The basic algorithm works as follows. We compute P(Q) and the cumulative probability function. They are parameterized with to-be-determined correlations {T1, T2, . . . , TM} as well as the bound defining the acceptance set. The heart of the computation is the numerical maximization of \({\sum }_{Q\in {{{{\mathcal{O}}}}}_{{{{\rm{acc}}}}}}{{{\rm{P}}}}(Q)({{{\rm{P}}}}(Q){\forall }_{Q\in {{{{\mathcal{O}}}}}_{{{{\rm{acc}}}}}})\), for the fixed value of bound, with respect to {T1, T2, . . . , TM}. We constrain the set of possible correlations to those that yield W ≥ 0 for the linear and S ≤ 1 for the non-linear witness, with each Ti [ − 1, 1]. Two widely available out-of-the-box methods were used for finding the maximum: simulated annealing and Nelder-Mead algorithm33,34. Both gave similar results with the Nelder–Mead method being more precise in the considered problem. The output of the algorithm is a list of {T1, T2, . . . , TM} that maximizes \({\sum }_{Q\in {{{{\mathcal{O}}}}}_{{{{\rm{acc}}}}}}{{{\rm{P}}}}(Q)({{{\rm{P}}}}(Q){\forall }_{Q\in {{{{\mathcal{O}}}}}_{{{{\rm{acc}}}}}})\) for the given bound, or any other acceptance set, under the stated constraints.

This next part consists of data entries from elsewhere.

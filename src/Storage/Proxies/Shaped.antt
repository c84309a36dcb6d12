-- ===== src/Storage/Proxies/Shaped.antt =====
-- The form of a row that validateProxyShape of internal/storage/proxies.go asks for beyond the CHECKs of
-- the schema.
use frp_easy.Prelude.{
  ℕ, ◌+◌, Bool, false, none, some, List, [], ◌∷◌, String, str_eq, ok, ◌≡◌, ◌⊎◌, inl, inr, refl,
  arith, All, All-append, Bool-cases,
}
use frp_easy.Storage.Proxies.Schema.{Row, Table, insert_row, update_row, is_port_kind}
use frp_easy.Storage.Proxies.Errors.{Driver}
use frp_easy.Storage.Proxies.Rows.{All-replace_row, insert_row-eq, update_row-eq}
use frp_easy.Storage.Proxies.{
  Proxy, DomainsCodec, remote_out_of_range, domains_column, validate_proxy_shape, to_row,
}

-- a name, a remote port that is one, and a list of domains that is not empty, or no list
pub record IsShaped (json : DomainsCodec) (r : Row) : Type 0 where
  pub named : str_eq r.name "" ≡ false
  pub port : remote_out_of_range r.remote_port ≡ false
  pub domains :
      (r.custom_domains ≡ none)
      ⊎ ((x : String) × (xs : List String) × (r.custom_domains ≡ some (json.encode (x ∷ xs))))

domains_column-encode :
    (d : Driver) (json : DomainsCodec) (ds : List String)
    → (domains_column d json ds ≡ none)
      ⊎ ((x : String) × (xs : List String) × (domains_column d json ds
            ≡ some (json.encode (x ∷ xs))))
unfolding domains_column
domains_column-encode d json [] = inl refl
domains_column-encode d json (x ∷ xs) = inr (x, xs, rw (json.encode_nonempty (x ∷ xs)) refl)

to_row-IsShaped :
    (d : Driver) (json : DomainsCodec) (now v i : ℕ) (p : Proxy)
    → validate_proxy_shape p ≡ none
    → IsShaped json (record (to_row d json now p v) { id = i })
unfolding to_row validate_proxy_shape
to_row-IsShaped d json now v i p h = elim (Bool-cases (is_port_kind p.kind)) [
  | inl k ↦ record {
    named = ground (arith, h, k);
    port = ground (arith, h, k);
    domains = domains_column-encode d json p.custom_domains;
  }
  | inr k ↦ record {
    named = ground (arith, h, k);
    port = ground (arith, h, k);
    domains = domains_column-encode d json p.custom_domains;
  }
]

module _ (d : Driver) (json : DomainsCodec) (now : ℕ) (p : Proxy) (t t' : Table)
    (shape : validate_proxy_shape p ≡ none) where
  pub insert_row-IsShaped :
      (b : Bool)
      → insert_row b (to_row d json now p 1) t ≡ ok t'
      → All (IsShaped json) t.rows
      → All (IsShaped json) t'.rows
  insert_row-IsShaped b h a =
      let (e, x) = insert_row-eq b (to_row d json now p 1) t t' h in
      rw x (All-append _ t.rows _ a (to_row-IsShaped d json now 1 (t.last_id + 1) p shape, tt))

  pub update_row-IsShaped :
      (b : Bool) (v : ℕ)
      → update_row b (to_row d json now p v) t ≡ ok t'
      → All (IsShaped json) t.rows
      → All (IsShaped json) t'.rows
  unfolding to_row
  update_row-IsShaped b v h a =
      let (e, x) = update_row-eq b (to_row d json now p v) t t' h in
      rw x (
        All-replace_row _ (to_row d json now p v) t.rows (to_row-IsShaped d json now v p.id p shape)
          a)
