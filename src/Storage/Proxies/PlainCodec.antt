-- ===== src/Storage/Proxies/PlainCodec.antt =====
-- A codec of lists of strings with the law that `encoding/json` has in internal/storage/proxies.go:
-- 0 ends the list, 1 starts a string, and other numbers are characters.
use Prim.Native.Char.{Char, char, code, IsLt, IsScalar}
use Prim.Native.Nat.{Ordering, compare as compare_ℕ}
use frp_easy.Prelude.{
  ℕ, zero, suc, ◌≡◌, refl, false, Option, none, some, List, [], ◌∷◌, String, Text,
}
use frp_easy.Storage.Proxies.{DomainsCodec, is_empty_text}

-- the clauses of the built-in `IsScalar`, decided
abbrev BothLt : Ordering → Ordering → Type 0
BothLt Ordering.lt o = IsLt o
BothLt Ordering.eq _ = ⊥
BothLt Ordering.gt _ = ⊥

abbrev IsScalarBy : Ordering → Ordering → Ordering → Type 0
IsScalarBy Ordering.lt _ _ = Unit
IsScalarBy Ordering.eq o p = BothLt o p
IsScalarBy Ordering.gt o p = BothLt o p

abbrev lt_dec : (o : Ordering) → Option (IsLt o)
lt_dec Ordering.lt = some tt
lt_dec Ordering.eq = none
lt_dec Ordering.gt = none

abbrev both_dec : (o p : Ordering) → Option (BothLt o p)
both_dec Ordering.lt p = lt_dec p
both_dec Ordering.eq p = none
both_dec Ordering.gt p = none

abbrev scalar_dec : (a o p : Ordering) → Option (IsScalarBy a o p)
scalar_dec Ordering.lt o p = some tt
scalar_dec Ordering.eq o p = both_dec o p
scalar_dec Ordering.gt o p = both_dec o p

scalar_dec-some : (a o p : Ordering) (h : IsScalarBy a o p) → scalar_dec a o p ≡ some h
scalar_dec-some Ordering.lt o p h = refl
scalar_dec-some Ordering.eq Ordering.lt Ordering.lt h = refl
scalar_dec-some Ordering.eq Ordering.lt Ordering.eq h = absurd h
scalar_dec-some Ordering.eq Ordering.lt Ordering.gt h = absurd h
scalar_dec-some Ordering.eq Ordering.eq p h = absurd h
scalar_dec-some Ordering.eq Ordering.gt p h = absurd h
scalar_dec-some Ordering.gt Ordering.lt Ordering.lt h = refl
scalar_dec-some Ordering.gt Ordering.lt Ordering.eq h = absurd h
scalar_dec-some Ordering.gt Ordering.lt Ordering.gt h = absurd h
scalar_dec-some Ordering.gt Ordering.eq p h = absurd h
scalar_dec-some Ordering.gt Ordering.gt p h = absurd h

abbrev with_code : (n : ℕ) → Option (IsScalar n) → Option Char
with_code n none = none
with_code n (some h) = some (char n h)

unfoldable pub to_char : ℕ → Option Char
to_char n = with_code n (scalar_dec (compare_ℕ n 55296) (compare_ℕ 57343 n) (compare_ℕ n 1114112))

to_char-code : (c : Char) → to_char (code c) ≡ some c
unfolding to_char
to_char-code (char n h) =
    rw (scalar_dec-some (compare_ℕ n 55296) (compare_ℕ 57343 n) (compare_ℕ n 1114112) h)

abbrev starts : Option (String × List String) → Option (String × List String)
starts none = none
starts (some (s, ds)) = some ("", s ∷ ds)

abbrev extends : Option Char → Option (String × List String) → Option (String × List String)
extends (some c) (some (s, ds)) = some (String.◌∷◌ c s, ds)
extends none _ = none
extends (some _) none = none

unfoldable pub item : Text → Option (String × List String)
item [] = none
item (zero ∷ t) = some ("", [])
item (suc zero ∷ t) = starts (item t)
item (suc (suc n) ∷ t) = extends (to_char n) (item t)

unfoldable write_chars : String → Text → Text
write_chars String.[] t = t
write_chars (String.◌∷◌ c s) t = suc (suc (code c)) ∷ write_chars s t

unfoldable pub encode_list : List String → Text
unfolding write_chars
encode_list [] = 0 ∷ []
encode_list (s ∷ ds) = 1 ∷ write_chars s (encode_list ds)

abbrev second : Option (String × List String) → Option (List String)
second none = none
second (some (s, ds)) = some ds

unfoldable pub decode_list : Text → Option (List String)
unfolding item
decode_list t = second (item t)

item-write_chars :
    (s : String) (t : Text) (ds : List String)
    → item t ≡ some ("", ds)
    → item (write_chars s t) ≡ some (s, ds)
unfolding item write_chars
item-write_chars String.[] t ds h = h
item-write_chars (String.◌∷◌ c s) t ds h = rw (to_char-code c, item-write_chars s t ds h)

pub item-encode_list : (ds : List String) → item (encode_list ds) ≡ some ("", ds)
unfolding item encode_list
item-encode_list [] = refl
item-encode_list (s ∷ ds) = rw (item-write_chars s (encode_list ds) ds (item-encode_list ds))

unfoldable pub plain_domains : DomainsCodec
unfolding decode_list encode_list item write_chars
plain_domains = record {
  encode = encode_list;
  decode = decode_list;
  decode-encode = λ ds. rw (item-encode_list ds);
  encode_nonempty =
      λ ds. elim ds as (λ ds. is_empty_text (encode_list ds) ≡ false) [ [] ↦ refl | x ∷ xs ↦ refl ];
}
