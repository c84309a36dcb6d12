-- ===== src/Storage/Proxies/Upsert.antt =====
-- What UpsertProxy and DeleteProxy of internal/storage/proxies.go promise.
use frp_easy.Prelude.{
  ℕ, ◌+◌, ◌≤◌, true, false, ◌||◌, ◌==◌, Option, none, some, List, [], ◌∷◌, Result, ok, err, ◌≡◌,
  inl, inr, refl, arith, All, Bool-cases, Option-cases,
}
use frp_easy.Storage.Proxies.Schema.{Row, Table, Constraint, find_row, insert_row, update_row}
use frp_easy.Storage.Proxies.Errors.{Driver}
use frp_easy.Storage.Proxies.Shaped.{IsShaped, insert_row-IsShaped, update_row-IsShaped}
use frp_easy.Storage.Proxies.Rows.{IsTable, insert_row-IsTable, update_row-IsTable}
use frp_easy.Storage.Proxies.{
  Proxy, ShapeError, StoreError, Io, DomainsCodec, invalid, not_found, version_conflict, sql_error,
  validate_proxy_shape, to_row, classify, fill_updated_at, insert_proxy, after_insert, after_update,
  update_found, update_proxy, upsert_proxy, last_insert_id, insert, update, commit, begin,
  read_version,
}

find_row-le :
    (i n : ℕ) (rs : List Row) (r : Row) → All (λ x. x.id ≤ n) rs → find_row i rs ≡ some r → i ≤ n
unfolding find_row
find_row-le i n [] r a h = cc
find_row-le i n (x ∷ rs) r a h = ground (arith, find_row-le i n rs r a.1)

-- What an upsert may come to: refused with the table as it was; a new row; a new row whose id could
-- not be read back; or the row of the same id and version written anew, with the next version.
pub data Outcome (d : Driver) (json : DomainsCodec) (io : Io) (now : ℕ) (p : Proxy) (t : Table)
    (o : Table × Result StoreError Proxy) : Type 0 where
  refused : (e : StoreError) → o ≡ (t, err e) → Outcome d json io now p t o
  inserted :
      (t' : Table)
      → (p.id == 0) ≡ true
      → insert_row d.name_first (to_row d json now p 1) t ≡ ok t'
      → o ≡ (t', ok (fill_updated_at d json io t' (record p { id = t'.last_id; version = 1 })))
      → Outcome d json io now p t o
  half_inserted :
      (t' : Table) (e : StoreError)
      → (p.id == 0) ≡ true
      → io last_insert_id ≡ true
      → insert_row d.name_first (to_row d json now p 1) t ≡ ok t'
      → o ≡ (t', err e)
      → Outcome d json io now p t o
  updated :
      (t' : Table) (r : Row)
      → (p.id == 0) ≡ false
      → find_row p.id t.rows ≡ some r
      → r.version ≡ p.version
      → update_row d.name_first (to_row d json now p (p.version + 1)) t ≡ ok t'
      → o ≡ (t', ok (fill_updated_at d json io t' (record p { version = p.version + 1 })))
      → Outcome d json io now p t o

module _ (d : Driver) (json : DomainsCodec) (io : Io) (now : ℕ) (p : Proxy) (t : Table) where
  after_insert-Outcome :
      (p.id == 0) ≡ true
      → (res : Result Constraint Table) → insert_row d.name_first (to_row d json now p 1) t ≡ res
      → Outcome d json io now p t (after_insert d json io p t res)
  unfolding after_insert
  after_insert-Outcome z (err c) h = refused _ refl
  after_insert-Outcome z (ok t') h = elim (Bool-cases (io last_insert_id)) [
    | inl e ↦ half_inserted t' (sql_error d.io_message) z e h (rw e)
    | inr e ↦ inserted t' z h (rw e)
  ]

  after_update-Outcome :
      (r : Row)
      → (p.id == 0) ≡ false
      → find_row p.id t.rows ≡ some r
      → r.version ≡ p.version
      → (res : Result Constraint Table)
      → update_row d.name_first (to_row d json now p (p.version + 1)) t ≡ res
      → Outcome d json io now p t (after_update d json io p p.version t res)
  unfolding after_update
  after_update-Outcome r z f v (err c) h = refused _ refl
  after_update-Outcome r z f v (ok t') h = elim (Bool-cases (io commit)) [
    | inl e ↦ refused (sql_error d.io_message) (rw e)
    | inr e ↦ updated t' r z f v h (rw e)
  ]

  update_found-Outcome :
      (p.id == 0) ≡ false
      → (found : Option Row) → find_row p.id t.rows ≡ found
      → Outcome d json io now p t (update_found d json io now p t found)
  unfolding update_found
  update_found-Outcome z none h = refused not_found refl
  update_found-Outcome z (some r) h = elim (Bool-cases (r.version == p.version)) [
    | inr e ↦ refused version_conflict (rw e)
    | inl e ↦
        let v : r.version ≡ p.version = ground arith in
        elim (Bool-cases (io update)) [
          | inl f ↦ refused (classify d json d.io_message) (rw (e, f))
          | inr f ↦ rw (e, f, v) (after_update-Outcome r z h v _ refl)
        ]
  ]

  update_proxy-Outcome :
      (p.id == 0) ≡ false → Outcome d json io now p t (update_proxy d json io now p t)
  unfolding update_proxy
  update_proxy-Outcome z = elim (Bool-cases (io begin || io read_version)) [
    | inl e ↦ refused (sql_error d.io_message) (rw e)
    | inr e ↦ rw e (update_found-Outcome z _ refl)
  ]

  insert_proxy-Outcome :
      (p.id == 0) ≡ true → Outcome d json io now p t (insert_proxy d json io now p t)
  unfolding insert_proxy
  insert_proxy-Outcome z = elim (Bool-cases (io insert)) [
    | inl e ↦ refused (classify d json d.io_message) (rw e)
    | inr e ↦ rw e (after_insert-Outcome z _ refl)
  ]

  -- Every call of UpsertProxy comes to one of the outcomes, whatever statements fail.
  pub upsert_proxy-Outcome : Outcome d json io now p t (upsert_proxy d json io now p t)
  unfolding upsert_proxy
  upsert_proxy-Outcome = elim (Option-cases (validate_proxy_shape p)) [
    | inr (x, e) ↦ refused (invalid x) (rw (e, upsert_proxy))
    | inl e ↦ elim (Bool-cases (p.id == 0)) [
      | inl z ↦ rw (e, upsert_proxy, z) (insert_proxy-Outcome z)
      | inr z ↦ rw (e, upsert_proxy, z) (update_proxy-Outcome z)
    ]
  ]

  Outcome-IsTable :
      (o : Table × Result StoreError Proxy) → Outcome d json io now p t o → IsTable t → IsTable o.0
  Outcome-IsTable o (refused e q) v = rw q v
  Outcome-IsTable o (inserted t' z h q) v =
      rw q (insert_row-IsTable d.name_first (to_row d json now p 1) t t' v h)
  Outcome-IsTable o (half_inserted t' e z y h q) v =
      rw q (insert_row-IsTable d.name_first (to_row d json now p 1) t t' v h)
  Outcome-IsTable o (updated t' r z f w h q) v = rw q (
      update_row-IsTable d.name_first (to_row d json now p (p.version + 1)) t t' v
        (unfold to_row in find_row-le p.id t.last_id t.rows r v.used f) h)

  Outcome-IsShaped :
      validate_proxy_shape p ≡ none
      → (o : Table × Result StoreError Proxy) → Outcome d json io now p t o
      → All (IsShaped json) t.rows
      → All (IsShaped json) o.0.rows
  Outcome-IsShaped v o (refused e q) a = rw q a
  Outcome-IsShaped v o (inserted t' z h q) a =
      rw q (insert_row-IsShaped d json now p t t' v d.name_first h a)
  Outcome-IsShaped v o (half_inserted t' e z y h q) a =
      rw q (insert_row-IsShaped d json now p t t' v d.name_first h a)
  Outcome-IsShaped v o (updated t' r z f w h q) a =
      rw q (update_row-IsShaped d json now p t t' v d.name_first (p.version + 1) h a)

  upsert_proxy-invalid :
      (x : ShapeError)
      → validate_proxy_shape p ≡ some x
      → upsert_proxy d json io now p t ≡ (t, err (invalid x))
  unfolding upsert_proxy
  upsert_proxy-invalid x e = rw (e, upsert_proxy) refl

  upsert_proxy-IsShaped :
      All (IsShaped json) t.rows → All (IsShaped json) (upsert_proxy d json io now p t).0.rows
  upsert_proxy-IsShaped a = elim (Option-cases (validate_proxy_shape p)) [
    | inr (x, e) ↦ rw (upsert_proxy-invalid x e) a
    | inl e ↦ Outcome-IsShaped e _ upsert_proxy-Outcome a
  ]

  -- UpsertProxy keeps two promises of the table. The one of the schema: every row passes the CHECKs, no
  -- two rows share a name, an id, or a type and remote port of tcp or udp, and no id is above the largest
  -- one used. And the one of its own check before the statement: every row has a name, its remote port,
  -- if it has one, is a port, and its column of domains is NULL or holds at least one. Two rows may hold
  -- the same domain.
  pub upsert_proxy-IsTable :
      IsTable t
      → All (IsShaped json) t.rows
      → IsTable (upsert_proxy d json io now p t).0
        × All (IsShaped json) (upsert_proxy d json io now p t).0.rows
  upsert_proxy-IsTable v a = (Outcome-IsTable _ upsert_proxy-Outcome v, upsert_proxy-IsShaped a)

  -- An UpsertProxy that returns an error has left the table as it was, unless what failed is
  -- reading the new row's id.
  pub upsert_proxy_error :
      {t' : Table} {e : StoreError}
      → io last_insert_id ≡ false
      → upsert_proxy d json io now p t ≡ (t', err e)
      → t' ≡ t
  upsert_proxy_error {t'} {e} ok_id h = by_outcome upsert_proxy-Outcome
    where
      by_outcome : Outcome d json io now p t (upsert_proxy d json io now p t) → t' ≡ t
      by_outcome (refused x q) = cc
      by_outcome (inserted u z k q) = cc
      by_outcome (half_inserted u x z y k q) = cc
      by_outcome (updated u r z f w k q) = cc
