-- ===== src/Storage/Proxies/Versions.antt =====
-- Optimistic locking and reading back in internal/storage/proxies.go.
use frp_easy.Prelude.{
  ℕ, ◌+◌, ◌≤◌, Bool, false, ◌==◌, some, List, [], ◌∷◌, ◌++◌, String, str_eq, Result, ok, err,
  if◌then◌else◌, ◌≡◌, refl, arith, All, ap,
}
use frp_easy.Storage.Proxies.Schema.{Row, Table, find_row, replace_row, update_row, insert_row}
use frp_easy.Storage.Proxies.Errors.{Driver}
use frp_easy.Storage.Proxies.Rows.{IsTable, insert_row-eq, update_row-eq}
use frp_easy.Storage.Proxies.{
  Proxy, StoreError, Io, healthy, DomainsCodec, to_row, domains_column, scan_domains, get_proxy,
  scan_proxy, fill_updated_at, upsert_proxy,
}
use frp_easy.Storage.Proxies.Upsert.{
  Outcome, refused, inserted, half_inserted, updated, upsert_proxy-Outcome,
}

find_row-replace :
    (q r : Row) (rs : List Row)
    → find_row q.id rs ≡ some r
    → find_row q.id (replace_row q rs) ≡ some q
unfolding find_row replace_row
find_row-replace q r [] h = cc
find_row-replace q r (x ∷ rs) h = ground (arith, find_row-replace q r rs)

find_row-append :
    (q : Row) (n : ℕ) (rs : List Row)
    → All (λ x. x.id ≤ n) rs
    → q.id ≡ n + 1
    → find_row q.id (rs ++ q ∷ []) ≡ some q
unfolding find_row
find_row-append q n [] a h = ground arith
find_row-append q n (x ∷ rs) a h = ground (arith, find_row-append q n rs)

module _ (d : Driver) (json : DomainsCodec) where
  scan_domains_column : (ds : List String) → scan_domains d json (domains_column d json ds) ≡ ok ds
  unfolding scan_domains domains_column
  scan_domains_column [] = refl
  scan_domains_column (x ∷ xs) =
      ground (arith, json.encode_nonempty (x ∷ xs), json.decode-encode (x ∷ xs))

  -- the proxy that a row written from `p` reads back as
  abbrev pub stored : ℕ → Proxy → ℕ → ℕ → Proxy
  stored now p i v = record p {
    id = i;
    local_ip = if str_eq p.local_ip "" then "127.0.0.1" else p.local_ip;
    version = v;
    updated_at = now;
  }

  scan_proxy-to_row :
      (now : ℕ) (p : Proxy) (i v : ℕ)
      → scan_proxy d json (record (to_row d json now p v) { id = i }) ≡ ok (stored now p i v)
  unfolding scan_proxy to_row
  scan_proxy-to_row now p i v = rw (scan_domains_column p.custom_domains)

  fill_updated_at-version :
      (io : Io) (u : Table) (x : Proxy) → (fill_updated_at d json io u x).version ≡ x.version
  unfolding fill_updated_at
  fill_updated_at-version io u x = ground arith

  fill_updated_at-id : (io : Io) (u : Table) (x : Proxy) → (fill_updated_at d json io u x).id ≡ x.id
  unfolding fill_updated_at
  fill_updated_at-id io u x = ground arith

  get_proxy-stored :
      (now : ℕ) (p : Proxy) (i v : ℕ) (u : Table)
      → find_row i u.rows ≡ some (record (to_row d json now p v) { id = i })
      → get_proxy d json healthy i u ≡ ok (stored now p i v)
  unfolding get_proxy
  get_proxy-stored now p i v u f = rw f (scan_proxy-to_row now p i v)

  find_row-insert_row :
      (b : Bool) (now v : ℕ) (p : Proxy) (t u : Table)
      → IsTable t
      → insert_row b (to_row d json now p v) t ≡ ok u
      → find_row u.last_id u.rows ≡ some (record (to_row d json now p v) { id = u.last_id })
  find_row-insert_row b now v p t u tab k = rw (insert_row-eq b (to_row d json now p v) t u k).1 (
      find_row-append (record (to_row d json now p v) { id = t.last_id + 1 }) t.last_id t.rows
        tab.used refl)

  find_row-update_row :
      (b : Bool) (now v : ℕ) (p : Proxy) (t u : Table) (r : Row)
      → find_row p.id t.rows ≡ some r
      → update_row b (to_row d json now p v) t ≡ ok u
      → find_row p.id u.rows ≡ some (to_row d json now p v)
  unfolding to_row
  find_row-update_row b now v p t u r f k =
      rw (update_row-eq b (to_row d json now p v) t u k).1
        (find_row-replace (to_row d json now p v) r t.rows f)

  module _ (now : ℕ) (p : Proxy) (t : Table) where
    -- what a successful update of row `p.id` found and left
    abbrev pub Advanced : Table → Proxy → Type 0
    Advanced t' p' =
        ((r : Row) × (find_row p.id t.rows ≡ some r) × (r.version ≡ p.version))
        × (find_row p.id t'.rows ≡ some (to_row d json now p (p.version + 1)))
        × (p'.version ≡ p.version + 1)

    Outcome-Advanced :
        (io : Io) (t' : Table) (p' : Proxy)
        → (p.id == 0) ≡ false
        → Outcome d json io now p t (t', ok p')
        → Advanced t' p'
    Outcome-Advanced io t' p' z (refused x q) = cc
    Outcome-Advanced io t' p' z (inserted u y k q) = absurd (ground (arith, y, z))
    Outcome-Advanced io t' p' z (half_inserted u x y g k q) = cc
    Outcome-Advanced io t' p' z (updated u r y f w k q) =
        let a : t' ≡ u = cc q in
        let b : p' ≡ fill_updated_at d json io u (record p { version = p.version + 1 }) = cc q in
        (
          (r, f, w),
          rw a (find_row-update_row d.name_first now (p.version + 1) p t u r f k),
          rw b (fill_updated_at-version io u (record p { version = p.version + 1 })),
        )

    -- A successful update found the row at the version that the caller had read, wrote the caller's
    -- values with the next version, and returned that version.
    pub upsert_proxy-version :
        (io : Io) (t' : Table) (p' : Proxy)
        → (p.id == 0) ≡ false
        → upsert_proxy d json io now p t ≡ (t', ok p')
        → Advanced t' p'
    upsert_proxy-version io t' p' z h =
        Outcome-Advanced io t' p' z (rw h at (upsert_proxy-Outcome d json io now p t))

    stale :
        (io : Io) (now' : ℕ) (q : Proxy) (t' : Table) (r : Row)
        (o : Table × Result StoreError Proxy)
        → (q.id == 0) ≡ false
        → find_row q.id t'.rows ≡ some r
        → r.version ≡ q.version + 1
        → Outcome d json io now' q t' o
        → (e : StoreError) × (o ≡ (t', err e))
    stale io now' q t' r o z f v (refused x h) = (x, h)
    stale io now' q t' r o z f v (inserted u y k h) = absurd (ground (arith, y, z))
    stale io now' q t' r o z f v (half_inserted u x y g k h) = absurd (ground (arith, y, z))
    stale io now' q t' r o z f v (updated u s y g w k h) =
        let same : r ≡ s = cc in absurd (omega (arith, ap (λ (x : Row). x.version) same))

    -- No update is lost: after a successful update of a row, any other update that was prepared at
    -- the same version is refused and changes nothing.
    pub no_lost_update :
        (io io' : Io) (now' : ℕ) (q p' : Proxy) (t' : Table)
        → (p.id == 0) ≡ false
        → q.id ≡ p.id
        → q.version ≡ p.version
        → upsert_proxy d json io now p t ≡ (t', ok p')
        → (e : StoreError) × (upsert_proxy d json io' now' q t' ≡ (t', err e))
    no_lost_update io io' now' q p' t' z i v h =
        let (before, after, new) = upsert_proxy-version io t' p' z h in
        stale io' now' q t' (to_row d json now p (p.version + 1)) _ (rw i z) (rw i after)
          (rw v (unfold to_row in refl)) (upsert_proxy-Outcome d json io' now' q t')

    Outcome-stored :
        (p' : Proxy) (t' : Table)
        → IsTable t
        → Outcome d json healthy now p t (t', ok p')
        → get_proxy d json healthy p'.id t' ≡ ok (stored now p p'.id p'.version)
    Outcome-stored p' t' tab (refused x q) = cc
    Outcome-stored p' t' tab (half_inserted u x y g k q) = cc
    Outcome-stored p' t' tab (inserted u y k q) =
        let a : t' ≡ u = cc q in
        let x : Proxy = record p { id = u.last_id; version = 1 } in
        let b : p' ≡ fill_updated_at d json healthy u x = cc q in
        rw (a, b, fill_updated_at-version healthy u x, fill_updated_at-id healthy u x)
          (get_proxy-stored now p u.last_id 1 u
            (find_row-insert_row d.name_first now 1 p t u tab k))
    Outcome-stored p' t' tab (updated u r y f w k q) =
        let a : t' ≡ u = cc q in
        let x : Proxy = record p { version = p.version + 1 } in
        let b : p' ≡ fill_updated_at d json healthy u x = cc q in
        rw (a, b, fill_updated_at-version healthy u x, fill_updated_at-id healthy u x)
          (get_proxy-stored now p p.id (p.version + 1) u
            (unfold to_row in find_row-update_row d.name_first now (p.version + 1) p t u r f k))

    -- On a table that keeps the schema's promises and when no statement fails, the id and the version
    -- that a successful UpsertProxy returns are those
    -- under which GetProxy finds the caller's values, the empty local address replaced by 127.0.0.1.
    pub get_proxy-upsert_proxy :
        (p' : Proxy) (t' : Table)
        → IsTable t
        → upsert_proxy d json healthy now p t ≡ (t', ok p')
        → get_proxy d json healthy p'.id t' ≡ ok (stored now p p'.id p'.version)
    get_proxy-upsert_proxy p' t' tab h =
        Outcome-stored p' t' tab (rw h at (upsert_proxy-Outcome d json healthy now p t))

Effects of different types of noise

We analyse here the effects due to different forms of noise in Eq. (15) on the efficiency of the entanglement certification. In particular, we consider the following unbiased noises

$${\rho }_{{{{\rm{wn}}}}}={\mathbb{1}}/{2}^{N},\quad \,{{\mbox{white noise}}}\,$$
(32)
$${\rho }_{{{{\rm{rp}}}}}=\left\vert {\psi }_{{{{\rm{r}}}}}\right\rangle \left\langle {\psi }_{{{{\rm{r}}}}}\right\vert ,\quad \,{{\mbox{Haar random pure state noise}}}\,$$
(33)
$${\rho }_{{{{\rm{wn}}}}}={\rho }_{{{{\rm{r}}}}},\quad \,{{\mbox{random mixed states}}}\,,$$
(34)

where Haar randomness refers to the sampling of states according to the rotationally invariant measure. Data for the random states was computed numerically by scanning p in the range [0.5, 1] with steps of 0.01, sampling 1000 random four-qubit states for each p, choosing the five biggest correlations, computing \({S}_{5}^{\infty }\) and finally the probability of S = 5 in finite statistics. In this way, practically all the values of \({S}_{5}^{\infty }\) were scanned. These calculations have shown that the probability of success does not depend on the kind of noise and it is described solely by the value of p. The probability of success P(S = 5ρ) for a continuous choice of p is presented in Fig. 5.

Fig. 5: The efficiency of entanglement detection for different noises ρn and their admixtures p in Eq. (15).
figure 5

The plot shows the probability of measuring S = 5 given ρ (vertical axis) as a function of \({S}_{5}^{\infty }\) (horizontal axis). The plotted curve assumes white noise and is given analytically as \({[(1+6{p}^{2}+{p}^{4})/8]}^{5}\). The data for the other types of noise, i.e., pure and mixed noises according to Eqs. (33) and (34), overlap with the presented one. Thus, different types of unbiased noises are not relevant to the considered criteria.